Stored data entries:

*** Begin section ***

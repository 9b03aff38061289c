-- ===== src/Store/Tamper.antt =====
-- What the hash chain of internal/vault/store.go detects.
use joyvend_secretvault.Shared.{
  ℕ, ◌+◌, ◌/◌, ◌%◌, ◌≡◌, ◌≢◌, refl, sym, ap, ◌∙◌, ◌++◌, none, List, [], ◌∷◌, map, arith, Bool-cases,
  inl, inr, ◌⊎◌, length, All, Any,
}
use mathlib.Core.List.{reverse, reverse_aux, reverse-reverse}
use mathlib.Core.Path.{ap₂}
use joyvend_secretvault.Text.{Bytes, bytes_eq, bytes_eq_iff}
use joyvend_secretvault.Model.{Decision, unset, AuditEntry}
use joyvend_secretvault.Codec.{encode_hex, hex_digit}
use joyvend_secretvault.Store.{Library, Store}
use joyvend_secretvault.Store.Audit.{
  decision_text, join_fields, last_hash, hashed_fields, audit_hash, verify_from, verify_audit,
}

abbrev NoNul : Bytes → Type 0
NoNul = All (λ c. c ≢ 0)

-- Behind a field stands nothing, or a zero byte.
abbrev IsTail : Bytes → Type 0
IsTail [] = Unit
IsTail (c ∷ s) = c ≡ 0

split_nul :
    (f g x y : Bytes)
    → NoNul f
    → NoNul g
    → IsTail x
    → IsTail y
    → f ++ x ≡ g ++ y
    → (f ≡ g) × (x ≡ y)
split_nul [] [] x y hf hg tx ty e = (refl, e)
split_nul [] (d ∷ g) [] y hf hg tx ty e = absurd (cc)
split_nul [] (d ∷ g) (c ∷ x) y hf (hd, hg) tx ty e = absurd (hd (ground arith))
split_nul (c ∷ f) [] x [] hf hg tx ty e = absurd (cc)
split_nul (c ∷ f) [] x (d ∷ y) (hc, hf) hg tx ty e = absurd (hc (ground arith))
split_nul (c ∷ f) (d ∷ g) x y (hc, hf) (hd, hg) tx ty e =
    let (same, rest) = split_nul f g x y hf hg tx ty (ground arith) in (ground arith, rest)

join_fields-IsTail : (fs : List Bytes) → IsTail (join_fields fs)
unfolding join_fields
join_fields-IsTail [] = tt
join_fields-IsTail (f ∷ fs) = refl

join_fields_injective :
    (fs gs : List Bytes) → All NoNul fs → All NoNul gs → join_fields fs ≡ join_fields gs → fs ≡ gs
unfolding join_fields
join_fields_injective [] [] hf hg e = refl
join_fields_injective [] (g ∷ gs) hf hg e = absurd (cc)
join_fields_injective (f ∷ fs) [] hf hg e = absurd (cc)
join_fields_injective (f ∷ fs) (g ∷ gs) (hf, hfs) (hg, hgs) e =
    let (same, rest) =
      split_nul f g (join_fields fs) (join_fields gs) hf hg (join_fields-IsTail fs)
        (join_fields-IsTail gs) (ground arith) in
    let later = join_fields_injective fs gs hfs hgs rest in ground arith

encode_hex-NoNul : (s : Bytes) → NoNul (encode_hex s)
unfolding encode_hex
encode_hex-NoNul [] = tt
encode_hex-NoNul (c ∷ s) = (hex_digit_pos (c / 16), (hex_digit_pos (c % 16), encode_hex-NoNul s))
  where
    hex_digit_pos : (n : ℕ) → hex_digit n ≢ 0
    hex_digit_pos n = ground arith

map-reverse_aux {ℓ κ} :
    {A : Type ℓ} {B : Type κ} (f : A → B) (l r : List A)
    → map f (reverse_aux l r) ≡ reverse_aux (map f l) (map f r)
map-reverse_aux f [] r = refl
map-reverse_aux f (x ∷ l) r = map-reverse_aux f l (x ∷ r)

All-reverse_aux {ℓ κ} :
    {A : Type ℓ} (P : A → Type κ) (l r : List A) → All P l → All P r → All P (reverse_aux l r)
All-reverse_aux P [] r hl hr = hr
All-reverse_aux P (x ∷ l) r (p, hl) hr = All-reverse_aux P l (x ∷ r) hl (p, hr)

Any-reverse_aux {ℓ} :
    {A : Type ℓ} (P : A → Type 0) (l r : List A) → Any P (reverse_aux l r) → Any P l ⊎ Any P r
Any-reverse_aux P [] r h = inr h
Any-reverse_aux P (x ∷ l) r h = elim (Any-reverse_aux P l (x ∷ r) h) [
  | inl a ↦ inl (inr a)
  | inr (inl p) ↦ inl (inl p)
  | inr (inr a) ↦ inr a
]

Any-reverse {ℓ} : {A : Type ℓ} (P : A → Type 0) (l : List A) → Any P (reverse l) → Any P l
Any-reverse P l h = elim (Any-reverse_aux P l [] h) [ inl a ↦ a | inr a ↦ absurd a ]

-- What a row records, but for its tier and its hashes.
abbrev pub recorded : AuditEntry → AuditEntry
recorded e = record e { tier = unset; prev_hash = []; hash = [] }

decision_text_injective : (a b : Decision) → decision_text a ≡ decision_text b → a ≡ b
unfolding decision_text
decision_text_injective a b e = ground arith

reverse_injective {ℓ} : {A : Type ℓ} (xs ys : List A) → reverse xs ≡ reverse ys → xs ≡ ys
reverse_injective xs ys e = sym (reverse-reverse xs) ∙ ap reverse e ∙ reverse-reverse ys

hex_some : (s : Bytes) → length s ≢ 0 → encode_hex s ≢ []
unfolding encode_hex
hex_some [] h e = h refl
hex_some (c ∷ s) h e = cc

abbrev head_hash : List AuditEntry → Bytes
head_hash [] = []
head_hash (e ∷ l) = e.hash

module _ (lib : Library) where
  -- A chain from its newest row on.
  abbrev IsChained : List AuditEntry → Type 0
  IsChained [] = Unit
  IsChained (e ∷ l) =
      (e.prev_hash ≡ head_hash l) × (e.hash ≡ audit_hash lib (head_hash l) e) × IsChained l

  verify_from-IsChained :
      (i : ℕ) (l older : List AuditEntry)
      → verify_from lib (head_hash older) i l ≡ none
      → IsChained older
      → IsChained (reverse_aux l older)
        × (head_hash (reverse_aux l older) ≡ last_hash (head_hash older) l)
  unfolding verify_from
  verify_from-IsChained i [] older h c = (c, refl)
  verify_from-IsChained i (e ∷ l) older h c =
      verify_from-IsChained (i + 1) l (e ∷ older) (ground arith) (
        (bytes_eq_iff e.prev_hash (head_hash older)).0 (ground arith),
        (bytes_eq_iff e.hash (audit_hash lib (head_hash older) e)).0 (ground arith),
        c,
      )

  -- The fields of the rows hold no zero byte. (Names, hosts and formats hold none; a method or a
  -- credential name of a request could.)
  abbrev pub HasPlainFields : AuditEntry → Type 0
  HasPlainFields e = All NoNul (hashed_fields lib e)

  -- A digest of SHA-256 has 32 bytes.
  abbrev pub HasDigests : Type 0
  HasDigests = (x : Bytes) → length (lib.sha256 x) ≡ 32

  -- Different numbers and different times have different texts.
  pub record HasFormats : Type 0 where
    pub show_int_injective : (m n : ℕ) → lib.show_int m ≡ lib.show_int n → m ≡ n
    pub format_time_injective : (m n : ℕ) → lib.format_time m ≡ lib.format_time n → m ≡ n

  same_record :
      (a b : AuditEntry)
      → HasFormats
      → hashed_fields lib a ≡ hashed_fields lib b
      → recorded a ≡ recorded b
  unfolding hashed_fields
  same_record a b formats e =
      let when = formats.format_time_injective a.time b.time (ground arith) in
      let what = decision_text_injective a.decision b.decision (ground arith) in
      let status = formats.show_int_injective a.status b.status (ground arith) in
      let size = formats.show_int_injective a.bytes b.bytes (ground arith) in
      let latency = formats.show_int_injective a.latency_ms b.latency_ms (ground arith) in
      ground arith

  same_records :
      (l m : List AuditEntry)
      → HasFormats
      → map (hashed_fields lib) l ≡ map (hashed_fields lib) m
      → map recorded l ≡ map recorded m
  same_records [] [] formats e = refl
  same_records [] (b ∷ m) formats e = cc
  same_records (a ∷ l) [] formats e = cc
  same_records (a ∷ l) (b ∷ m) formats e =
      ap₂ (λ x xs. x ∷ xs) (same_record a b formats (ground arith))
        (same_records l m formats (ground arith))

  -- The text whose digest a row records.
  abbrev pub hashed_text : AuditEntry → Bytes
  hashed_text e = e.prev_hash ++ join_fields (hashed_fields lib e)

  -- A text that is hashed for a row of one log, and another for a row of the other, with one digest.
  pub record Collision (l m : List AuditEntry) : Type 0 where
    pub left : Bytes
    pub right : Bytes
    pub in_left : Any (λ e. hashed_text e ≡ left) l
    pub in_right : Any (λ e. hashed_text e ≡ right) m
    pub distinct : left ≢ right
    pub same_digest : encode_hex (lib.sha256 left) ≡ encode_hex (lib.sha256 right)

  module _ (digests : HasDigests) where
    some_digest : (x : Bytes) → encode_hex (lib.sha256 x) ≢ []
    some_digest x e = hex_some (lib.sha256 x) (omega (arith, digests x)) e

    head_hash-NoNul : (l : List AuditEntry) → IsChained l → NoNul (head_hash l)
    head_hash-NoNul [] c = tt
    head_hash-NoNul (e ∷ l) (p, h, c) = unfold audit_hash in rw h (encode_hex-NoNul _)

    same_rows :
        (a b : AuditEntry) (l m : List AuditEntry)
        → IsChained (a ∷ l)
        → IsChained (b ∷ m)
        → HasPlainFields a
        → HasPlainFields b
        → head_hash l ++ join_fields (hashed_fields lib a)
          ≡ head_hash m ++ join_fields (hashed_fields lib b)
        → (head_hash l ≡ head_hash m) × (hashed_fields lib a ≡ hashed_fields lib b)
    same_rows a b l m (_, _, cl) (_, _, cm) fa fb e =
        let (prevs, fields) =
          split_nul (head_hash l) (head_hash m) _ _ (head_hash-NoNul l cl) (head_hash-NoNul m cm)
            (join_fields-IsTail (hashed_fields lib a)) (join_fields-IsTail (hashed_fields lib b))
            e in
        (prevs, join_fields_injective (hashed_fields lib a) (hashed_fields lib b) fa fb fields)

    chained_unique :
        (l m : List AuditEntry)
        → IsChained l
        → IsChained m
        → All HasPlainFields l
        → All HasPlainFields m
        → head_hash l ≡ head_hash m
        → (map (hashed_fields lib) l ≡ map (hashed_fields lib) m) ⊎ Collision l m
    unfolding audit_hash
    chained_unique [] [] cl cm pl pm e = inl refl
    chained_unique [] (b ∷ m) cl (_, h, cm) pl pm e = absurd (some_digest _ (sym (e ∙ h)))
    chained_unique (a ∷ l) [] (_, h, cl) cm pl pm e = absurd (some_digest _ (sym h ∙ e))
    chained_unique (a ∷ l) (b ∷ m) (qa, ha, cl) (qb, hb, cm) (fa, pl) (fb, pm) e =
        let x = head_hash l ++ join_fields (hashed_fields lib a) in
        let y = head_hash m ++ join_fields (hashed_fields lib b) in
        elim (Bool-cases (bytes_eq x y)) [
          | inr differ ↦ inr (record {
            left = x;
            right = y;
            in_left = inl (ap (λ p. p ++ join_fields (hashed_fields lib a)) qa);
            in_right = inl (ap (λ p. p ++ join_fields (hashed_fields lib b)) qb);
            distinct = λ same. cc ((bytes_eq_iff x y).1 same, differ);
            same_digest = sym ha ∙ e ∙ hb;
          })
          | inl equal ↦
              let (prevs, here) =
                same_rows a b l m (qa, ha, cl) (qb, hb, cm) fa fb ((bytes_eq_iff x y).0 equal) in
              elim (chained_unique l m cl cm pl pm prevs) [
                | inl later ↦ inl (ap₂ (λ z zs. z ∷ zs) here later)
                | inr c ↦ inr (record {
                  left = c.left;
                  right = c.right;
                  in_left = inr c.in_left;
                  in_right = inr c.in_right;
                  distinct = c.distinct;
                  same_digest = c.same_digest;
                })
              ]
        ]

    -- Two logs that verify, with plain fields and the same last hash, record the same rows in the
    -- same order, in all fields but the tier and the hashes, or a text that was hashed for a row of the
    -- one and a different text that was hashed for a row of the other have one digest. It is assumed that digests have 32 bytes
    -- and that different numbers and times are printed differently.
    pub last_hash-determines :
        (s t : Store)
        → HasFormats
        → verify_audit lib s ≡ none
        → verify_audit lib t ≡ none
        → All HasPlainFields s.doc.audit
        → All HasPlainFields t.doc.audit
        → last_hash [] s.doc.audit ≡ last_hash [] t.doc.audit
        → (map recorded s.doc.audit ≡ map recorded t.doc.audit) ⊎ Collision s.doc.audit t.doc.audit
    unfolding verify_audit
    last_hash-determines s t formats hs ht ps pt e =
        let (cs, es) = verify_from-IsChained 0 s.doc.audit [] hs tt in
        let (ct, et) = verify_from-IsChained 0 t.doc.audit [] ht tt in
        let rows = hashed_fields lib in
        elim (chained_unique (reverse s.doc.audit) (reverse t.doc.audit) cs ct
          (All-reverse_aux HasPlainFields s.doc.audit [] ps tt)
          (All-reverse_aux HasPlainFields t.doc.audit [] pt tt) (es ∙ e ∙ sym et)) [
            | inr c ↦ inr (record {
              left = c.left;
              right = c.right;
              in_left = Any-reverse (λ r. hashed_text r ≡ c.left) s.doc.audit c.in_left;
              in_right = Any-reverse (λ r. hashed_text r ≡ c.right) t.doc.audit c.in_right;
              distinct = c.distinct;
              same_digest = c.same_digest;
            })
            | inl same ↦
                let flipped = reverse_injective (map rows s.doc.audit) (map rows t.doc.audit) (
                  sym (map-reverse_aux rows s.doc.audit [])
                  ∙ same
                  ∙ map-reverse_aux rows t.doc.audit []) in
                inl (same_records s.doc.audit t.doc.audit formats flipped)
          ]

*** End section ***

◆ **How to complete this task**
Work out the number of lines in the records containing the word "mathlib". Write only that number.

◆ **Answer box**
2